After completing the PhD, I was fortunate to relocate to the University of New Orleans and thus continue to work alongside New Orleans students. The levee failures following Katrina led to another collaboration with the CHNM, one that produced the Hurricane Digital Memory Bank. Funded by the Sloan Foundation, the project both preserved precious data and led to the creation of useful, open-source software, the prototype for Omeka. I remain connected to the larger world of digital history thanks to the New Orleans Research Collaborative and New Orleans Historical, but little collaboration happens locally.

Between Houston and Atlanta, one still finds scant interest in funding or supporting digital history projects. Beyond the exceptional turn towards new media made by the Louisiana Endowment for the Humanities and the more recent emphasis on digital projects undertaken by the National World War II Museum, only the work of research librarians and archivists keeps pace with international trends. The interdisciplinary digital projects that do develop here are incubated in supportive institutions, centers, and history departments hundreds of miles away. The groundbreaking digital work of Gwen Midlo Hall to be celebrated during the 2013 AHA makes use of Louisiana data, but then as now, her essential collaborators, too, are found outside of this region. (Tulane University’s Library and Department of Communication are increasingly expanding their commitments to digital projects, and the University of Southern Mississippi at Hattiesburg is also progressing.)

I was fortunate that my department members came to value new media enough to support my pursuits in theory, but far too many history departments continue to lack any programmatic approach for digital history in practice. Departmental hiring of one person to teach a digital history course is not a solution. Some are blessed to work among institutions offering financial and moral support for digital history projects, but many of us in the hinterlands are typically described as the “one in our department who does digital history.” How that takes place is not typically a concern of others in the department.

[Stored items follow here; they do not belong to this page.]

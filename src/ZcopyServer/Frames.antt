-- ===== src/ZcopyServer/Frames.antt =====
-- internal/s3rdmaserver/zcopy/service.go: what the handlers put on the wire, and what they do to the
-- store
use rdma_demo.Base.{
  ℕ, suc, sym, ◌≡◌, refl, Bool, List, [], ◌∷◌, ◌++◌, arith, inl, inr, ◌⊎◌, Bool-cases, ◌∙◌, ap,
  subst,
}
use rdma_demo.Base.Int.{ℤ, pos, ltb_ℤ, ◌≤ℤ◌}
use rdma_demo.Base.Text.{Str}
use rdma_demo.ZcopyProto.{Message, Json}
use rdma_demo.ZcopyServer.Conn.{
  Frame, control, payload_at, ZcopyConn, Outcome, done, failed, send_frame, send_control,
  send_resp_ok, send_resp_err, send_after_meta, meta_message, send_payload, recv_message,
  recv_control, receive_borrowed, recv_payload_at,
}
use rdma_demo.ZcopyServer.Handlers.{
  ObjectStore, PutCheck, put_refused, put_accepted, GetCheck, get_refused, get_offered, finish_put,
  check_put, check_get, act_put, act_get, handle_put, handle_get,
}

-- A trace of frames: control messages, and payloads, each directly after the message that announces
-- its size and its offset, and each with the property `P`.
pub data Framed (P : Str → ℤ → Type 0) : List Frame → Type 0 where
  empty : Framed P []
  plain : {fs gs : List Frame} (m : Message) → Framed P fs → gs ≡ fs ++ control m ∷ [] → Framed P gs
  announced :
      {fs gs : List Frame} (req_id : ℕ) (p : Str) (o : ℤ)
      → Framed P fs
      → P p o
      → gs ≡ (fs ++ control (meta_message req_id p o) ∷ []) ++ payload_at p o ∷ []
      → Framed P gs

-- At most one control message was sent, and no payload.
abbrev pub Plain : ZcopyConn → ZcopyConn → Type 0
Plain zc zc' = (zc'.sent ≡ zc.sent) ⊎ ((m : Message) × (zc'.sent ≡ zc.sent ++ control m ∷ []))

pub Framed-Plain :
    {P : Str → ℤ → Type 0} (zc zc' : ZcopyConn)
    → Plain zc zc'
    → Framed P zc.sent
    → Framed P zc'.sent
Framed-Plain {P} zc zc' (inl same) h = subst (Framed P) (sym same) h
Framed-Plain {P} zc zc' (inr (m, more)) h = plain m h more

module _ (delivers : ℕ → Bool) where
  pub send_control-Plain : (m : Message) (zc : ZcopyConn) → Plain zc (send_control delivers m zc).0
  unfolding send_control send_frame
  send_control-Plain m zc = elim (Bool-cases (delivers zc.attempts)) [
    | inl good ↦ rw (good, send_control) (inr (m, refl))
    | inr bad ↦ rw (bad, send_control) (inl refl)
  ]

  pub send_resp_ok-Plain : (r : ℕ) (zc : ZcopyConn) → Plain zc (send_resp_ok delivers r zc).0
  unfolding send_resp_ok
  send_resp_ok-Plain r zc = send_control-Plain _ zc

  pub send_resp_err-Plain :
      (r : ℕ) (text : Str) (zc : ZcopyConn) → Plain zc (send_resp_err delivers r text zc).0
  unfolding send_resp_err
  send_resp_err-Plain r text zc = send_control-Plain _ zc

  -- A payload goes out only after the message that announces it went out.
  pub send_payload-Framed :
      {P : Str → ℤ → Type 0} (r : ℕ) (p : Str) (o : ℤ) (zc : ZcopyConn)
      → (pos 0 ≤ℤ o → P p o)
      → Framed P zc.sent
      → Framed P (send_payload delivers r p o zc).0.sent
  unfolding send_payload send_control send_frame send_after_meta
  send_payload-Framed r p o zc good h = elim (Bool-cases (ltb_ℤ o (pos 0))) [
    | inl negative ↦ rw (negative, send_payload) h
    | inr fits ↦ elim (Bool-cases (delivers zc.attempts)) [
      | inl meta_sent ↦ elim (Bool-cases (delivers (suc zc.attempts))) [
        | inl payload_sent ↦
            rw (fits, meta_sent, payload_sent) (announced r p o h (good (ground arith)) refl)
        | inr payload_failed ↦
            rw (fits, meta_sent, payload_failed) (plain (meta_message r p o) h refl)
      ]
      | inr meta_failed ↦ rw (fits, meta_failed) h
    ]
  ]

pub recv_payload_at-sent :
    (size o : ℤ) (zc : ZcopyConn) → (recv_payload_at size o zc).0.sent ≡ zc.sent
unfolding recv_payload_at receive_borrowed
recv_payload_at-sent size o zc = ground arith

pub recv_control-sent : (json : Json) (zc : ZcopyConn) → (recv_control json zc).0.sent ≡ zc.sent
unfolding recv_control recv_message
recv_control-sent json zc = ground arith

module _ {S : Type 0} (api : ObjectStore S) (delivers : ℕ → Bool) where
  finish_put-Plain :
      (r : ℕ) (bucket : Str) (store : S) (zc : ZcopyConn) (p : ZcopyConn × Outcome)
      → p.0.sent ≡ zc.sent
      → Plain zc (finish_put api delivers r bucket store p).0
  unfolding finish_put
  finish_put-Plain r bucket store zc (zc', failed e) h = inl h
  finish_put-Plain r bucket store zc (zc', done) h = elim (send_resp_ok-Plain delivers r zc') [
    | inl same ↦ inl (same ∙ h)
    | inr (m, more) ↦ inr (m, more ∙ ap (λ fs. fs ++ control m ∷ []) h)
  ]

  act_put-Plain :
      (r : ℕ) (c : PutCheck) (zc : ZcopyConn) (store : S)
      → Plain zc (act_put api delivers r c zc store).0
  unfolding act_put
  act_put-Plain r (put_refused q text) zc store = send_resp_err-Plain delivers q text zc
  act_put-Plain r (put_accepted bucket size o) zc store =
      finish_put-Plain r bucket store zc (recv_payload_at size o zc)
        (recv_payload_at-sent size o zc)

  pub handle_put-Plain :
      (limit : ℤ) (msg : Message) (zc : ZcopyConn) (store : S)
      → Plain zc (handle_put api delivers limit msg zc store).0
  unfolding handle_put
  handle_put-Plain limit msg zc store = act_put-Plain msg.req_id (check_put limit msg) zc store

  act_get-Plain : (r : ℕ) (c : GetCheck) (zc : ZcopyConn) → Plain zc (act_get api delivers r c zc).0
  unfolding act_get
  act_get-Plain r (get_refused text) zc = send_resp_err-Plain delivers r text zc
  act_get-Plain r (get_offered p o) zc = inl refl

  pub handle_get-Plain :
      (msg : Message) (zc : ZcopyConn) (store : S)
      → Plain zc (handle_get api delivers msg zc store).0
  unfolding handle_get
  handle_get-Plain msg zc store = act_get-Plain msg.req_id (check_get api msg store) zc

  finish_put-reads :
      (r : ℕ) (name : Str) (store : S) (p : ZcopyConn × Outcome) (bucket key : Str)
      → api.get_object bucket key (finish_put api delivers r name store p).1
        ≡ api.get_object bucket key store
  unfolding finish_put
  finish_put-reads r name store (zc, failed e) bucket key = refl
  finish_put-reads r name store (zc, done) bucket key =
      api.get_object-create_bucket name store bucket key

  act_put-reads :
      (r : ℕ) (c : PutCheck) (zc : ZcopyConn) (store : S) (bucket key : Str)
      → api.get_object bucket key (act_put api delivers r c zc store).1
        ≡ api.get_object bucket key store
  unfolding act_put
  act_put-reads r (put_refused q text) zc store bucket key = refl
  act_put-reads r (put_accepted name size o) zc store bucket key =
      finish_put-reads r name store (recv_payload_at size o zc) bucket key

  -- No object changes by a PUT: its payload is discarded.
  pub handle_put-reads :
      (limit : ℤ) (msg : Message) (zc : ZcopyConn) (store : S) (bucket key : Str)
      → api.get_object bucket key (handle_put api delivers limit msg zc store).1
        ≡ api.get_object bucket key store
  unfolding handle_put
  handle_put-reads limit msg zc store bucket key =
      act_put-reads msg.req_id (check_put limit msg) zc store bucket key
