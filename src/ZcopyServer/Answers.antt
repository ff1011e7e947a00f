-- ===== src/ZcopyServer/Answers.antt =====
-- internal/s3rdmaserver/zcopy/service.go: how a PUT is answered, and what it leaves in the channel
use rdma_demo.Base.{
  ℕ, suc, ◌≡◌, refl, ap, Bool, false, none, some, List, [], ◌∷◌, ◌++◌, arith, inl, inr, Bool-cases,
  ◌∙◌, drop, if◌then◌else◌, ◌||◌,
}
use rdma_demo.Base.Int.{ℤ, pos, leb_ℤ, ltb_ℤ}
use rdma_demo.Base.Text.{Str}
use rdma_demo.ZcopyProto.{
  Message, blank, op_resp_ok, op_resp_err, Json, decode, put_req, op_kind, ok,
}
use rdma_demo.ZcopyServer.Conn.{
  control, ZcopyConn, Borrowed, Outcome, done, failed, send_frame, send_control, send_resp_ok,
  send_resp_err, receive_borrowed, recv_payload_at, recv_message, recv_control, close,
}
use rdma_demo.ZcopyServer.Handlers.{
  ObjectStore, Session, PutCheck, put_refused, put_accepted, finish_put, check_put, act_put,
  handle_put,
}
use rdma_demo.ZcopyServer.Session.{stop, after_send, on_put, dispatch, serve_message, serve_round}
use rdma_demo.ZcopyServer.Frames.{recv_payload_at-sent}

-- The operation of the answer to a PUT.
abbrev pub answer_op : PutCheck → Str
answer_op (put_refused r text) = op_resp_err
answer_op (put_accepted bucket size o) = op_resp_ok

-- How many messages a PUT takes from the channel.
abbrev pub taken : PutCheck → ℕ
taken (put_refused r text) = 0
taken (put_accepted bucket size o) = if leb_ℤ size (pos 0) || ltb_ℤ o (pos 0) then 0 else 1

check_put-refused :
    (limit : ℤ) (msg : Message) (r : ℕ) (text : Str)
    → check_put limit msg ≡ put_refused r text
    → r ≡ msg.req_id
unfolding check_put
check_put-refused limit msg r text h = ground arith

-- The last frame of `zc'` is the answer with this operation to this request, the only new one.
abbrev pub Answered : ZcopyConn → ZcopyConn → ℕ → Str → Type 0
Answered zc zc' req_id op =
    (m : Message) × (zc'.sent ≡ zc.sent ++ control m ∷ []) × (m.req_id ≡ req_id) × (m.op ≡ op)

module _ {S : Type 0} (api : ObjectStore S) (delivers : ℕ → Bool) where
  send_control-Answered :
      (m : Message) (zc : ZcopyConn)
      → (send_control delivers m zc).1 ≡ done
      → Answered zc (send_control delivers m zc).0 m.req_id m.op
  unfolding send_control send_frame
  send_control-Answered m zc h = elim (Bool-cases (delivers zc.attempts)) [
    | inl good ↦ (m, ground arith, refl, refl)
    | inr bad ↦ absurd (ground arith)
  ]

  finish_put-Answered :
      (r : ℕ) (bucket : Str) (store : S) (zc : ZcopyConn) (p : ZcopyConn × Outcome)
      → p.0.sent ≡ zc.sent
      → (finish_put api delivers r bucket store p).2 ≡ done
      → Answered zc (finish_put api delivers r bucket store p).0 r op_resp_ok
  unfolding finish_put send_resp_ok
  finish_put-Answered r bucket store zc (zc', failed e) same h = absurd (ground arith)
  finish_put-Answered r bucket store zc (zc', done) same h =
      let (m, more, id, op) =
        send_control-Answered (record (blank op_resp_ok) { req_id = r }) zc' h in
      (m, more ∙ ap (λ fs. fs ++ control m ∷ []) same, id, op)

  act_put-Answered :
      (msg : Message) (c : PutCheck) (zc : ZcopyConn) (store : S)
      → ((r : ℕ) (text : Str) → c ≡ put_refused r text → r ≡ msg.req_id)
      → (act_put api delivers msg.req_id c zc store).2 ≡ done
      → Answered zc (act_put api delivers msg.req_id c zc store).0 msg.req_id (answer_op c)
  unfolding act_put send_resp_err
  act_put-Answered msg (put_refused r text) zc store same h =
      let (m, more, id, op) =
        send_control-Answered (record (blank op_resp_err) { req_id = r; error = text }) zc h in
      (m, more, id ∙ same r text refl, op)
  act_put-Answered msg (put_accepted bucket size o) zc store same h =
      finish_put-Answered msg.req_id bucket store zc (recv_payload_at size o zc)
        (recv_payload_at-sent size o zc) h

  -- A PUT that is handled without an error is answered by exactly one message, with the request's id:
  -- resp_ok if its checks accept it, resp_err if they refuse it.
  pub handle_put-Answered :
      (limit : ℤ) (msg : Message) (zc : ZcopyConn) (store : S)
      → (handle_put api delivers limit msg zc store).2 ≡ done
      → Answered zc
          (handle_put api delivers limit msg zc store).0
          msg.req_id
          (answer_op (check_put limit msg))
  unfolding handle_put
  handle_put-Answered limit msg zc store h =
      act_put-Answered msg (check_put limit msg) zc store (check_put-refused limit msg) h

  send_control-inbox :
      (m : Message) (zc : ZcopyConn) → (send_control delivers m zc).0.inbox ≡ zc.inbox
  unfolding send_control send_frame
  send_control-inbox m zc = ground arith

  finish_put-inbox :
      (r : ℕ) (bucket : Str) (store : S) (p : ZcopyConn × Outcome)
      → (finish_put api delivers r bucket store p).0.inbox ≡ p.0.inbox
  unfolding finish_put send_resp_ok
  finish_put-inbox r bucket store (zc, failed e) = refl
  finish_put-inbox r bucket store (zc, done) = send_control-inbox _ zc

  receive_borrowed-inbox :
      (size o : ℤ) (ms : List Borrowed) (zc : ZcopyConn)
      → zc.inbox ≡ ms
      → (receive_borrowed size o ms zc).0.inbox ≡ drop 1 ms
  unfolding receive_borrowed
  receive_borrowed-inbox size o [] zc h = h
  receive_borrowed-inbox size o (m ∷ ms) zc h = refl

  recv_payload_at-inbox :
      (bucket : Str) (size o : ℤ) (zc : ZcopyConn)
      → (recv_payload_at size o zc).0.inbox ≡ drop (taken (put_accepted bucket size o)) zc.inbox
  unfolding recv_payload_at
  recv_payload_at-inbox bucket size o zc =
      ground (arith, receive_borrowed-inbox size o zc.inbox zc refl)

  act_put-inbox :
      (r : ℕ) (c : PutCheck) (zc : ZcopyConn) (store : S)
      → (act_put api delivers r c zc store).0.inbox ≡ drop (taken c) zc.inbox
  unfolding act_put send_resp_err
  act_put-inbox r (put_refused q text) zc store = send_control-inbox _ zc
  act_put-inbox r (put_accepted bucket size o) zc store =
      finish_put-inbox r bucket store (recv_payload_at size o zc)
      ∙ recv_payload_at-inbox bucket size o zc

  -- A PUT takes its payload from the channel only if its checks accept it and its size is positive and
  -- its offset is not negative; otherwise whatever the client sent behind the request stays in the
  -- channel, for the next round to take.
  pub handle_put-inbox :
      (limit : ℤ) (msg : Message) (zc : ZcopyConn) (store : S)
      → (handle_put api delivers limit msg zc store).0.inbox
        ≡ drop (taken (check_put limit msg)) zc.inbox
  unfolding handle_put
  handle_put-inbox limit msg zc store = act_put-inbox msg.req_id (check_put limit msg) zc store

module _ {S : Type 0} (api : ObjectStore S) (limit : ℤ) (delivers : ℕ → Bool) (json : Json) where
  recv_message_lem :
      (zc : ZcopyConn) (m : Borrowed) (ms : List Borrowed)
      → zc.inbox ≡ m ∷ ms
      → recv_message zc ≡ (record zc { inbox = ms; released = suc zc.released }, some m.payload)
  unfolding recv_message
  recv_message_lem zc m ms h = rw h refl

  recv_control_decoded :
      (zc : ZcopyConn) (m : Borrowed) (ms : List Borrowed) (msg : Message)
      → zc.inbox ≡ m ∷ ms
      → decode json m.payload ≡ ok msg
      → recv_control json zc ≡ (record zc { inbox = ms; released = suc zc.released }, some msg)
  unfolding recv_control
  recv_control_decoded zc m ms msg h decoded =
      rw (recv_message_lem zc m ms h, recv_control)
        (rw decoded (ap (λ p. (p.0, some msg)) (recv_message_lem zc m ms h)))

  recv_control_undecoded :
      (zc : ZcopyConn) (m : Borrowed) (ms : List Borrowed)
      → zc.inbox ≡ m ∷ ms
      → json.unmarshal m.payload ≡ none
      → recv_control json zc ≡ (record zc { inbox = ms; released = suc zc.released }, none)
  unfolding recv_control decode
  recv_control_undecoded zc m ms h bad =
      rw (recv_message_lem zc m ms h, recv_control)
        (rw (bad, decode) (ap (λ p. (p.0, none)) (recv_message_lem zc m ms h)))

  -- A round whose next message cannot be decoded ends the loop.
  serve_round_undecoded :
      (t : Session S) (m : Borrowed) (ms : List Borrowed)
      → t.zc.inbox ≡ m ∷ ms
      → json.unmarshal m.payload ≡ none
      → (serve_round api limit delivers json t).running ≡ false
  unfolding serve_round serve_message stop
  serve_round_undecoded t m ms h bad = rw (recv_control_undecoded t.zc m ms h bad, serve_round) refl

  after_send-inbox :
      (t : Session S) (r : ZcopyConn × Outcome) → (after_send t r).zc.inbox ≡ r.0.inbox
  unfolding after_send stop close
  after_send-inbox t (zc, done) = refl
  after_send-inbox t (zc, failed e) = refl

  serve_round_refused_put :
      (t : Session S) (m : Borrowed) (ms : List Borrowed) (msg : Message) (r : ℕ) (text : Str)
      → t.zc.inbox ≡ m ∷ ms
      → decode json m.payload ≡ ok msg
      → op_kind msg.op ≡ put_req
      → check_put limit msg ≡ put_refused r text
      → (serve_round api limit delivers json t).zc.inbox ≡ ms
  unfolding serve_round serve_message dispatch on_put
  serve_round_refused_put t m ms msg r text h decoded put refuses =
      rw (recv_control_decoded t.zc m ms msg h decoded, serve_round, put)
        (after_send-inbox _ _
          ∙ handle_put-inbox api delivers limit msg _ t.store
          ∙ ap (λ c. drop (taken c) ms) refuses)

  -- If a PUT request is next in the channel, its checks refuse it, and what follows it is not a
  -- control message, as the payload of the PUT, then two rounds later the loop has ended.
  pub refused_put-stops :
      (t : Session S) (m payload : Borrowed) (ms : List Borrowed) (msg : Message) (r : ℕ)
      (text : Str)
      → t.zc.inbox ≡ m ∷ payload ∷ ms
      → decode json m.payload ≡ ok msg
      → op_kind msg.op ≡ put_req
      → check_put limit msg ≡ put_refused r text
      → json.unmarshal payload.payload ≡ none
      → (serve_round api limit delivers json (serve_round api limit delivers json t)).running
        ≡ false
  refused_put-stops t m payload ms msg r text h decoded put refuses bad =
      serve_round_undecoded (serve_round api limit delivers json t) payload ms
        (serve_round_refused_put t m (payload ∷ ms) msg r text h decoded put refuses) bad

For digital history to flourish beyond the East and West Coasts -- and for our students to benefit from the advanced practices of digital history available for students outside of digital deserts -- collaborative work must be more fully supported.

Seminar papers are expected to migrate and mature into thesis or dissertation chapters, but digital projects are often depicted as lagniappe, at best. More students will undertake and complete digital projects once their thesis or dissertation advisors and entire departments value – and not merely approve of or tolerate – such work.

Faculty must not always be required to secure external funds and/or pay out-of-pocket for server space and other needs critical to digital history. Only once in my career have I received funding for digital work that did not derive from a grant award. As with mass exploitation of contingent labor in academia, too many accept the larger workplace philosophy that digital work must be cheap.

I regret if this sounds bitter because I am fatigued -- not angry. The sweat equity requirements became increasingly sweatier as digital projects boom in the recession. And it is not just my sweat, but my students’, too. My most recent unfunded grant proposals seek to provide small stipends to pay students to complete or refine digital work. If we were running a commercial enterprise in Louisiana, we would benefit from valuable tax incentives showered on film and digital industries.

One must hope that the collaborative spirit and the well-funded, programmatic aspect that marks the best of public and digital history work will eventually develop even in our nation’s digital deserts.